Deux suggestions: la première, vous adresser directement à la Sécurité Sociale et voir si ce cas de figure est prévu.
Dans la négative, prendre contact avec le médecin afin qu'il rédige une nouvelle prescription conforme aux exigences de la Sécurité Sociale : soit une séance de 30 minutes par jour, soit deux, trois ou quatre.

" Wer fremde Sprachen nicht kennt, weiß auch nichts von seiner eigenen."   J.W.v.Goethe

Re : petit problème d'interprétation

Bonjour
Pardonnez-moi mais l'avocat que je suis, et qui défend plusieurs infirmiers contre la CPAM, fait des bonds sur place.  Un texte juridique ne s'interprète pas uniquement avec un dictionnaire de la langue française. Voilà pourquoi on ne fait pas appel à un professeur universitaire de sciences du langage (même si j'ai une soeur  délicieuse qui fait ce beau métier) , mais à un juriste,  pour interpréter un texte juridique. Même si une telle discussion est riche et intéressante, cela ne suffit pas.  Un texte juridique ne peut être interprété hors d'un contexte de règles, qui ne sont pas QUE les règles grammaticales ni lexicales. C'est tout l'objet des études de Droit. Les mots employés correspondent à des concepts juridiques ayant une définition différente de celle du dictionnaire et du langage courant. ils  s'interprètent par rapport à un ensemble articulé de règles, à leur Histoire, à l'interprétation qui leur a été donnée par les tribunaux (la "jurisprudence") et au sens général de l'élaboration des normes (on doit tenir compte d'un contexte économique, social, historique, et même parfois - oui je vous l'assure - on peut faire appel au "bon sens").
Dire que 2AIS 3 doivent durer une heure, dire que les Caisses d'assurances maladie peuvent contrôler l'emploi du temps des professions LIBERALES (qui par définition sont libres et non subordonnées à un horaire!), contrevient à un si grand nombre de règles fondamentales que cette interprétation est totalement impossible. Il y a , fort heureusement , une jurisprudence qui analyse cette disposition et qui est d'un avis contraire au vôtre.

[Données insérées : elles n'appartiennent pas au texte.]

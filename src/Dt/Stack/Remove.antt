-- ===== src/Dt/Stack/Remove.antt =====
-- `Remove` of dt/stack.go: it counts an item out of its stack and leaves it linked.
use fun.Prelude.{ℕ, zero, suc, ◌<◌, ◌≡◌, refl, true, List, [], ◌∷◌, length, arith}
use fun.Prelude.Int.{pos, negsuc, ◌+ℤ◌}
use fun.Links.{Ptr, update, has}
use fun.Dt.Stack.{Memory, nil, find_item, remove, iterate, len}
use fun.Dt.Stack.Holds.{item_ok, Walk, values, IsStack, Walk-frame, values-frame}
use fun.Dt.Stack.Pop.{iterate-Walk}

module _ {A : Type 0} where
  Walk-start :
      (m : Memory A) (p : Ptr) (ps : List Ptr) (r : Ptr)
      → Walk m p ps r
      → ((x : Ptr) → has x ps ≡ true → 0 < x)
      → 0 < r
      → 0 < p
  Walk-start m p [] r h f b = ground arith
  Walk-start m p (a ∷ ps) r h f b = ground (arith, f a)

  -- The loop of `Remove` comes to every item of the stack.
  find_item-Walk :
      (m : Memory A) (fuel : ℕ) (p : Ptr) (ps : List Ptr) (r it : Ptr)
      → Walk m p ps r
      → ((x : Ptr) → has x ps ≡ true → 0 < x)
      → 0 < r
      → has it ps ≡ true
      → length ps < fuel
      → find_item fuel m p it ≡ true
  unfolding find_item
  find_item-Walk m zero p ps r it h f b i l = absurd (omega (arith, l))
  find_item-Walk m (suc fuel) p [] r it h f b i l = absurd (cc i)
  find_item-Walk m (suc fuel) p (a ∷ ps) r it h f b i l =
      let rest = find_item-Walk m fuel (m.items a).next ps r it h.2 (λ x j. f x (ground arith)) b in
      let start = Walk-start m (m.items a).next ps r h.2 (λ x j. f x (ground arith)) b in
      ground (arith, rest, start, f a)

  module _ (m : Memory A) (s r it : Ptr) (ps : List Ptr) (fuel : ℕ) (h : IsStack m s r ps)
      (here : has it ps ≡ true) (l : length ps < fuel) where
    -- The memory after `Remove` of the item.
    uncounted : Memory A
    uncounted = record m {
      items = update m.items it (record (m.items it) { stack = nil });
      stacks =
          update m.stacks s
            (record { head = (m.stacks s).head; length = (m.stacks s).length +ℤ negsuc 0 });
    }

    remove_eq : remove fuel m it ≡ (true, uncounted)
    unfolding remove uncounted
    remove_eq =
        let found =
          find_item-Walk m fuel (m.stacks s).head ps r it h.walk (λ x i. (h.member x i).0)
            h.root_not_nil here l in
        ground (
          arith,
          found,
          h.member it here,
          h.stack_not_nil,
          item_ok m ps (m.stacks s).head r it h.walk here,
        )

    uncounted-length : len uncounted s +ℤ pos 1 ≡ pos (length ps)
    unfolding uncounted ◌+ℤ◌
    uncounted-length = ground (arith, h.counted)

    uncounted-values : iterate fuel uncounted (uncounted.stacks s).head ≡ values m ps
    unfolding uncounted
    uncounted-values =
        let walked = Walk-frame m uncounted (m.stacks s).head ps r h.walk (λ x i. ground arith) in
        let same = values-frame m uncounted ps (λ x i. ground arith) in
        let yielded =
          iterate-Walk m fuel (m.stacks s).head ps r h.walk (λ x i. (h.member x i).0) h.root_bad
            l in
        let again =
          iterate-Walk uncounted fuel (m.stacks s).head ps r walked (λ x i. (h.member x i).0)
            (ground (arith, h.root_bad)) l in
        ground (arith, again, same)

    -- `Remove` of an item of a stack says that it has removed it and counts the stack down, but the
    -- iteration still yields all the values, that of the item among them.
    pub remove_keeps :
        ((remove fuel m it).0 ≡ true)
        × (len (remove fuel m it).1 s +ℤ pos 1 ≡ pos (length ps))
        × (iterate fuel (remove fuel m it).1 ((remove fuel m it).1.stacks s).head ≡ values m ps)
    remove_keeps = rw remove_eq (refl, uncounted-length, uncounted-values)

Sinon la rémunération moyenne des infirmiers libéraux (c'est à dire le chiffre d'affaires moins les frais), à horaire égal par rapport à celui d'un salarié disposant de congés annuels, serait nettement inférieure au SMIC. Et la cela ne relève plus de la langue française mais d'un grave problème de survie.... même si les mots sont très importants (ça c'est ma conviction profonde).
Je ne peux  pas (vieux réflexe de défense) laisser sans réponse une explication de texte qui aurait comme conséquence la fermeture d' un nombre considérable de cabinets infirmiers, ce qui laisserait des personnes dépendantes sans soins (personne ne veut travailler pour une rémunération nette de 900EUROS/mois) . Cela signifie que ces personnes seraient hospitalisées ou placées en maison de retraite médicalisée, où leur temps de survie n'est pas du tout le même.
Merci du fond du coeur si vous avez lu jusqu'au bout sans prendre une aspirine, et pardon pour cette intervention si je suis un trublion dans votre discussion.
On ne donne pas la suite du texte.